RECORD EXTRACTS >>

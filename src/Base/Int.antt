-- ===== src/Base/Int.antt =====
-- Python's `int`: a sign and a magnitude over the native numbers, and its order as a test.
use Prim.Native.Nat.{ℕ, zero, suc}
use mathlib.Core.Path.{◌≡◌, refl}
use mathlib.Core.Bool.{Bool, true, false}
use mathlib.Core.Option.{Option, none, some}
use native.Mathlib.Omega.{arith}
use open_mdm.Base.Tests.{leb, eqb}

-- `negsuc n` is -(n + 1).
pub data ℤ : Type 0 where
  pos : ℕ → ℤ
  negsuc : ℕ → ℤ

-- `abs(z)`
abbrev pub abs : ℤ → ℕ
abs (pos n) = n
abs (negsuc n) = suc n

-- `a <= b`
abbrev pub le_int : ℤ → ℤ → Bool
le_int (pos m) (pos n) = leb m n
le_int (pos m) (negsuc n) = false
le_int (negsuc m) (pos n) = true
le_int (negsuc m) (negsuc n) = leb n m

abbrev pub is_zero_int : ℤ → Bool
is_zero_int (pos zero) = true
is_zero_int (pos (suc n)) = false
is_zero_int (negsuc n) = false

-- `z or None`: zero counts as missing.
abbrev pub nonzero : Option ℤ → Option ℤ
nonzero none = none
nonzero (some (pos zero)) = none
nonzero (some (pos (suc n))) = some (pos (suc n))
nonzero (some (negsuc n)) = some (negsuc n)

-- `z or 0`
abbrev pub or_zero : Option ℤ → ℤ
or_zero none = pos 0
or_zero (some z) = z

pub le_int_refl : (a : ℤ) → le_int a a ≡ true
le_int_refl (pos n) = ground arith
le_int_refl (negsuc n) = ground arith

pub le_int_trans : (a b c : ℤ) → le_int a b ≡ true → le_int b c ≡ true → le_int a c ≡ true
le_int_trans (pos a) (pos b) (pos c) h k = ground arith
le_int_trans (pos a) (pos b) (negsuc c) h k = cc
le_int_trans (pos a) (negsuc b) c h k = cc
le_int_trans (negsuc a) (pos b) (pos c) h k = refl
le_int_trans (negsuc a) (pos b) (negsuc c) h k = cc
le_int_trans (negsuc a) (negsuc b) (pos c) h k = refl
le_int_trans (negsuc a) (negsuc b) (negsuc c) h k = ground arith

-- `a == b`
abbrev pub eq_int : ℤ → ℤ → Bool
eq_int (pos m) (pos n) = eqb m n
eq_int (negsuc m) (negsuc n) = eqb m n
eq_int _ _ = false

pub eq_int_refl : (a : ℤ) → eq_int a a ≡ true
eq_int_refl (pos n) = ground arith
eq_int_refl (negsuc n) = ground arith

pub eq_int_sound : (a b : ℤ) → eq_int a b ≡ true → a ≡ b
eq_int_sound (pos m) (pos n) h = ground arith
eq_int_sound (negsuc m) (negsuc n) h = ground arith
eq_int_sound _ _ h = absurd (cc)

PROBLEM TO WORK ON >>
Reproduce the entries above in full, precisely as written.

SOLUTION FOR THIS EXERCISE >>
filename src/Base/Int.antt
-- ===== src/Base/Int.antt =====
-- Python's `int`: a sign and a magnitude over the native numbers, and its order as a test.
use Prim.Native.Nat.{ℕ, zero, suc}
use mathlib.Core.Path.{◌≡◌, refl}
use mathlib.Core.Bool.{Bool, true, false}
use mathlib.Core.Option.{Option, none, some}
use native.Mathlib.Omega.{arith}
use open_mdm.Base.Tests.{leb, eqb}

-- `negsuc n` is -(n + 1).
pub data ℤ : Type 0 where
  pos : ℕ → ℤ
  negsuc : ℕ → ℤ

-- `abs(z)`
abbrev pub abs : ℤ → ℕ
abs (pos n) = n
abs (negsuc n) = suc n

-- `a <= b`
abbrev pub le_int : ℤ → ℤ → Bool
le_int (pos m) (pos n) = leb m n
le_int (pos m) (negsuc n) = false
le_int (negsuc m) (pos n) = true
le_int (negsuc m) (negsuc n) = leb n m

abbrev pub is_zero_int : ℤ → Bool
is_zero_int (pos zero) = true
is_zero_int (pos (suc n)) = false
is_zero_int (negsuc n) = false

-- `z or None`: zero counts as missing.
abbrev pub nonzero : Option ℤ → Option ℤ
nonzero none = none
nonzero (some (pos zero)) = none
nonzero (some (pos (suc n))) = some (pos (suc n))
nonzero (some (negsuc n)) = some (negsuc n)

-- `z or 0`
abbrev pub or_zero : Option ℤ → ℤ
or_zero none = pos 0
or_zero (some z) = z

pub le_int_refl : (a : ℤ) → le_int a a ≡ true
le_int_refl (pos n) = ground arith
le_int_refl (negsuc n) = ground arith

pub le_int_trans : (a b c : ℤ) → le_int a b ≡ true → le_int b c ≡ true → le_int a c ≡ true
le_int_trans (pos a) (pos b) (pos c) h k = ground arith
le_int_trans (pos a) (pos b) (negsuc c) h k = cc
le_int_trans (pos a) (negsuc b) c h k = cc
le_int_trans (negsuc a) (pos b) (pos c) h k = refl
le_int_trans (negsuc a) (pos b) (negsuc c) h k = cc
le_int_trans (negsuc a) (negsuc b) (pos c) h k = refl
le_int_trans (negsuc a) (negsuc b) (negsuc c) h k = ground arith

-- `a == b`
abbrev pub eq_int : ℤ → ℤ → Bool
eq_int (pos m) (pos n) = eqb m n
eq_int (negsuc m) (negsuc n) = eqb m n
eq_int _ _ = false

pub eq_int_refl : (a : ℤ) → eq_int a a ≡ true
eq_int_refl (pos n) = ground arith
eq_int_refl (negsuc n) = ground arith

pub eq_int_sound : (a b : ℤ) → eq_int a b ≡ true → a ≡ b
eq_int_sound (pos m) (pos n) h = ground arith
eq_int_sound (negsuc m) (negsuc n) h = ground arith
eq_int_sound _ _ h = absurd (cc)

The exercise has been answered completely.